National Post: Advocates seek OAS reform to cut Ottawa deficit
Global News’ National Post story on old age security put one question at the center of the debate: should higher-income seniors receive less OAS to help tackle Ottawa’s deficit? Reader comments in the piece argued that national post policy should shift benefits toward people who need them most.
One comment said there is “only so much money to go around,” while another said savings would be more acceptable if they went to National Debt reduction or the health system. The comments also raised a practical threshold issue: if someone had a retirement income of “$100,000+,” they would not expect or want “a few hundred in OAS after Threshold Tax.”
OAS Thresholds
The discussion pointed to the current maximum monthly payment for those aged 75 and above, which was given as “$817.36 maximum a month” when annual net world income is below “$154,196.” One comment said the clawback threshold should instead be “$90,997.”

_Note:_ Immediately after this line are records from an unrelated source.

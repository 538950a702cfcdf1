-- ===== src/Compute/Endpoints/Selected.antt =====
-- When an instance has a primary endpoint, and what the endpoint offers.
use nctl.Prelude.{
  String, Bool, true, false, List, [], ◌∷◌, ◌++◌, Option, none, some, select, any, All, ◌≡◌, ◌⊎◌,
  refl, ap, Bool-cases, inl, inr, if◌then◌else◌,
}
use mathlib.Core.Path.{subst}
use nctl.Compute.Endpoints.{
  DesiredEndpoint, Interface, Gateway, is_candidate, sole, select_compute_primary_endpoint,
}

module _ (ip_interface : String → Option Interface) (ip_address : String → Option Gateway) where
  abbrev fits : DesiredEndpoint → Bool
  fits = is_candidate ip_interface ip_address

  abbrev selects : List DesiredEndpoint → Option DesiredEndpoint × Option String
  selects = select_compute_primary_endpoint ip_interface ip_address

  -- the only one of the endpoints that fits, between others that do not
  abbrev pub IsOnly : DesiredEndpoint → List DesiredEndpoint → Type 0
  IsOnly e es =
      (before after : List DesiredEndpoint) × (es ≡ before ++ e ∷ after)
      × (fits e ≡ true)
      × All (λ f. fits f ≡ false) before
      × All (λ f. fits f ≡ false) after

  select-none : (es : List DesiredEndpoint) → select fits es ≡ [] → All (λ f. fits f ≡ false) es
  select-none [] h = tt
  select-none (e ∷ es) h = elim (Bool-cases (fits e)) [
    | inl good ↦ let h' = rw (good, if◌then◌else◌) at h in absurd (cc h')
    | inr bad ↦ (bad, select-none es (rw (bad, if◌then◌else◌) at h))
  ]

  select-IsOnly :
      (e : DesiredEndpoint) (es : List DesiredEndpoint) → select fits es ≡ e ∷ [] → IsOnly e es
  select-IsOnly e [] h = absurd (cc h)
  select-IsOnly e (f ∷ es) h = elim (Bool-cases (fits f)) [
    | inl good ↦
        let h' = rw (good, if◌then◌else◌) at h in
        let same : f ≡ e = cc h' in
        let rest : select fits es ≡ [] = cc h' in
        (
          [],
          es,
          ap (λ g. g ∷ es) same,
          subst (λ g. fits g ≡ true) same good,
          tt,
          select-none es rest,
        )
    | inr bad ↦
        let (before, after, q, g, l, r) = select-IsOnly e es (rw (bad, if◌then◌else◌) at h) in
        (f ∷ before, after, ap (λ t. f ∷ t) q, g, (bad, l), r)
  ]

  -- one that fits, and a later one that fits too
  abbrev pub AreSeveral : List DesiredEndpoint → Type 0
  AreSeveral es =
      (before after : List DesiredEndpoint) × (e : DesiredEndpoint) × (es ≡ before ++ e ∷ after)
      × (fits e ≡ true)
      × (any fits after ≡ true)

  select-any :
      (e : DesiredEndpoint) (es rest : List DesiredEndpoint)
      → select fits es ≡ e ∷ rest
      → any fits es ≡ true
  select-any e [] rest h = absurd (cc h)
  select-any e (f ∷ es) rest h = elim (Bool-cases (fits f)) [
    | inl good ↦ rw good refl
    | inr bad ↦ rw bad (select-any e es rest (rw (bad, if◌then◌else◌) at h))
  ]

  select-AreSeveral :
      (e f : DesiredEndpoint) (es rest : List DesiredEndpoint)
      → select fits es ≡ e ∷ f ∷ rest
      → AreSeveral es
  select-AreSeveral e f [] rest h = absurd (cc h)
  select-AreSeveral e f (g ∷ es) rest h = elim (Bool-cases (fits g)) [
    | inl good ↦
        let h' = rw (good, if◌then◌else◌) at h in
        let later : select fits es ≡ f ∷ rest = cc h' in
        ([], es, g, refl, good, select-any f es rest later)
    | inr bad ↦
        let (before, after, k, q, fit, more) =
          select-AreSeveral e f es rest (rw (bad, if◌then◌else◌) at h) in
        (g ∷ before, after, k, ap (λ t. g ∷ t) q, fit, more)
  ]

  -- the answer says how many endpoints fit
  abbrev pub IsAnswer : List DesiredEndpoint → Option DesiredEndpoint × Option String → Type 0
  IsAnswer es (some e, code) = (code ≡ none) × IsOnly e es
  IsAnswer es (none, code) =
      ((code ≡ some "compute_primary_endpoint_missing") × All (λ f. fits f ≡ false) es)
      ⊎ ((code ≡ some "compute_primary_endpoint_ambiguous") × AreSeveral es)

  sole-IsAnswer :
      (es l : List DesiredEndpoint)
      → select fits es ≡ l
      → IsAnswer es (sole ip_interface ip_address l)
  sole-IsAnswer es [] h = inl (refl, select-none es h)
  sole-IsAnswer es (e ∷ []) h = (refl, select-IsOnly e es h)
  sole-IsAnswer es (e ∷ f ∷ rest) h = inr (refl, select-AreSeveral e f es rest h)

  -- The selection answers with an endpoint exactly if it is the only one of the node's that fits, with the
  -- code of a missing one if none fits, and with the code of an ambiguous one if several fit.
  pub select_compute_primary_endpoint-IsAnswer :
      (es : List DesiredEndpoint)
      → IsAnswer es (select_compute_primary_endpoint ip_interface ip_address es)
  unfolding select_compute_primary_endpoint
  select_compute_primary_endpoint-IsAnswer es = sole-IsAnswer es (select fits es) refl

That difference is the policy lever at the center of the argument. Lowering the threshold would pull more higher-income seniors into reduced eligibility, and it would make the savings available for whichever purpose lawmakers chose to prioritize.
Debt or Health System
The comments did not stop at eligibility. They tied any savings to either National Debt reduction or the health system, presenting those as the more acceptable destinations than leaving the money in the current structure.

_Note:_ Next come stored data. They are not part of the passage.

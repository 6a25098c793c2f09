-- ===== src/Leveldb/Compaction/Emitted.antt =====
-- What `DoCompactionWork` of leveldb/db/db_impl.cc has written when it has finished an output or added an
-- entry.
use mathlib.Core.List.{append_assoc, append-nil}
use wormholefilters.Base.{
  ℕ, ◌≡◌, true, false, Bool-cases, Option, none, some, inl, inr, List, [], ◌∷◌, ◌++◌, refl, sym, ap,
  ◌∙◌, leb,
}
use wormholefilters.Leveldb.Compaction.Reads.{Item}
use wormholefilters.Leveldb.Compaction.Work.{
  Entry, Output, Files, CompactionState, finish_compaction_output_file, finish_if_open,
  open_if_none, add_entry, emit, stop_before,
}
use wormholefilters.Leveldb.Compaction.{should_stop_before}
use wormholefilters.Leveldb.Comparator.{Comparator}
use wormholefilters.Leveldb.DbFormat.{parse_internal_key}

-- The entries of the outputs in their order.
unfoldable pub entries_of : List Output → List Entry
entries_of [] = []
entries_of (out ∷ outputs) = out.entries ++ entries_of outputs

entries_of-append :
    (outputs : List Output) (out : Output)
    → entries_of (outputs ++ (out ∷ [])) ≡ entries_of outputs ++ out.entries
unfolding entries_of
entries_of-append [] out = append-nil out.entries
entries_of-append (o ∷ outputs) out =
    ap (◌++◌ o.entries) (entries_of-append outputs out)
    ∙ sym (append_assoc o.entries (entries_of outputs) out.entries)

unfoldable pub built : Option Output → List Entry
built none = []
built (some out) = out.entries

-- All that has been written.
abbrev pub written : CompactionState → List Entry
written c = entries_of c.outputs ++ built c.builder

-- The entries with their keys parsed.
abbrev pub IsParsed : List Entry → List Item → Type 0
IsParsed [] [] = Unit
IsParsed [] (x ∷ items) = ⊥
IsParsed (e ∷ es) [] = ⊥
IsParsed (e ∷ es) (x ∷ items) =
    (parse_internal_key e.key ≡ some x.ikey) × ((e.val ≡ x.val) × IsParsed es items)

module _ (ucmp : Comparator) (io : Files) (max_file_size max_output_file_size smallest : ℕ) where
  pub finish_written :
      (b : Option Output) (c : CompactionState)
      → c.builder ≡ b
      → let c' = (finish_if_open ucmp io max_file_size max_output_file_size smallest b c).1 in
        (written c' ≡ written c)
        × ((c'.builder ≡ none) × ((c'.last_key ≡ c.last_key) × (c'.levels ≡ c.levels)))
  unfolding finish_compaction_output_file built
  finish_written none c e = (refl, (e, (refl, refl)))
  finish_written (some out) c e = (
    append-nil (
          entries_of
            (c.outputs ++ (record out { file_size = io.finished_size_of out.entries } ∷ [])))
        ∙ (entries_of-append c.outputs (record out { file_size = io.finished_size_of out.entries })
            ∙ ap (λ (b : Option Output). entries_of c.outputs ++ built b) (sym e)),
    (refl, (refl, refl)),
  )

  -- Closing the output before an entry changes nothing that matters here.
  pub stop_before_written :
      (e : Entry) (c : CompactionState)
      → let c' = (stop_before ucmp io max_file_size max_output_file_size smallest e c).1 in
        (written c' ≡ written c) × ((c'.last_key ≡ c.last_key) × (c'.levels ≡ c.levels))
  unfolding stop_before
  stop_before_written e c =
      elim (Bool-cases ((should_stop_before ucmp max_file_size e.key c.grandparents).0)) [
        | inl s ↦ rw s (
            drop_third (
              finish_written c.builder
                (record c {
                  grandparents = (should_stop_before ucmp max_file_size e.key c.grandparents).1;
                })
                refl))
        | inr s ↦ rw s (refl, (refl, refl))
      ]
    where
      drop_third : {A B C D : Type 0} → A × (B × (C × D)) → A × (C × D)
      drop_third (a, (b, cd)) = (a, cd)

  opened_entries :
      (b : Option Output) (c : CompactionState)
      → ((open_if_none ucmp io max_file_size max_output_file_size smallest b c).1).entries ≡ built b
  unfolding built
  opened_entries none c = refl
  opened_entries (some out) c = refl

  pub emit_written :
      (e : Entry) (c : CompactionState)
      → (emit ucmp io max_file_size max_output_file_size smallest e c).0 ≡ true
      → let c' = (emit ucmp io max_file_size max_output_file_size smallest e c).1 in
        (written c' ≡ written c ++ (e ∷ [])) × ((c'.last_key ≡ c.last_key) × (c'.levels ≡ c.levels))
  unfolding emit
  emit_written e c h =
      let ok = (open_if_none ucmp io max_file_size max_output_file_size smallest c.builder c).0 in
      let out = (open_if_none ucmp io max_file_size max_output_file_size smallest c.builder c).1 in
      let out' = add_entry ucmp io max_file_size max_output_file_size smallest e out in
      elim (Bool-cases ok) [
        | inr f ↦ absurd (refused (rw f at h))
        | inl f ↦ elim (Bool-cases (leb max_output_file_size (io.size_of out'.entries))) [
          | inl g ↦ rw (f, g) (finished out (opened_entries c.builder c))
          | inr g ↦ rw (f, g) (going out (opened_entries c.builder c))
        ]
      ]
    where
      refused : false ≡ true → ⊥
      refused e = absurd (cc)

      going :
          (out : Output)
          → out.entries ≡ built c.builder
          → (entries_of c.outputs
                ++ built
                    (some (add_entry ucmp io max_file_size max_output_file_size smallest e out))
              ≡ written c ++ (e ∷ []))
            × ((c.last_key ≡ c.last_key) × (c.levels ≡ c.levels))
      going out o = (
        unfold add_entry built in
            ap (λ (l : List Entry). entries_of c.outputs ++ (l ++ (e ∷ []))) o
            ∙ sym (append_assoc (entries_of c.outputs) (built c.builder) (e ∷ [])),
        (refl, refl),
      )

      finished :
          (out : Output)
          → out.entries ≡ built c.builder
          → let c' =
              (finish_compaction_output_file ucmp io max_file_size max_output_file_size smallest
                (add_entry ucmp io max_file_size max_output_file_size smallest e out)
                (record c {
                  builder =
                      some (add_entry ucmp io max_file_size max_output_file_size smallest e out);
                })).1 in
            (written c' ≡ written c ++ (e ∷ []))
            × ((c'.last_key ≡ c.last_key) × (c'.levels ≡ c.levels))
      finished out o =
          let out' = add_entry ucmp io max_file_size max_output_file_size smallest e out in
          let (w, (b, same)) = finish_written (some out') (record c { builder = some out' }) refl in
          (w ∙ (going out o).0, same)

That creates the immediate split in the debate: the question is not only whether OAS should be trimmed at the top end, but where the savings should go if it is. The story’s reader response framed the issue around a narrower benefit test for higher earners, with “only so much money to go around” as the basic justification.
Ottawa's Deficit Debate
Global News published the National story, “Reform old age security to help tackle Ottawa’s deficit, advocates say,” at a moment when the comments themselves became the clearest record of the policy trade-off. The practical takeaway for readers is simple: the proposal discussed would reduce benefits for some higher-income seniors, not for all seniors.
If lawmakers pursue the cut, the beneficiaries most likely to notice would be those above the suggested threshold, while the broader fiscal question would be whether the savings go toward debt reduction or the health system. That is the decision the comments left on the table, and it is the one the debate now has to answer.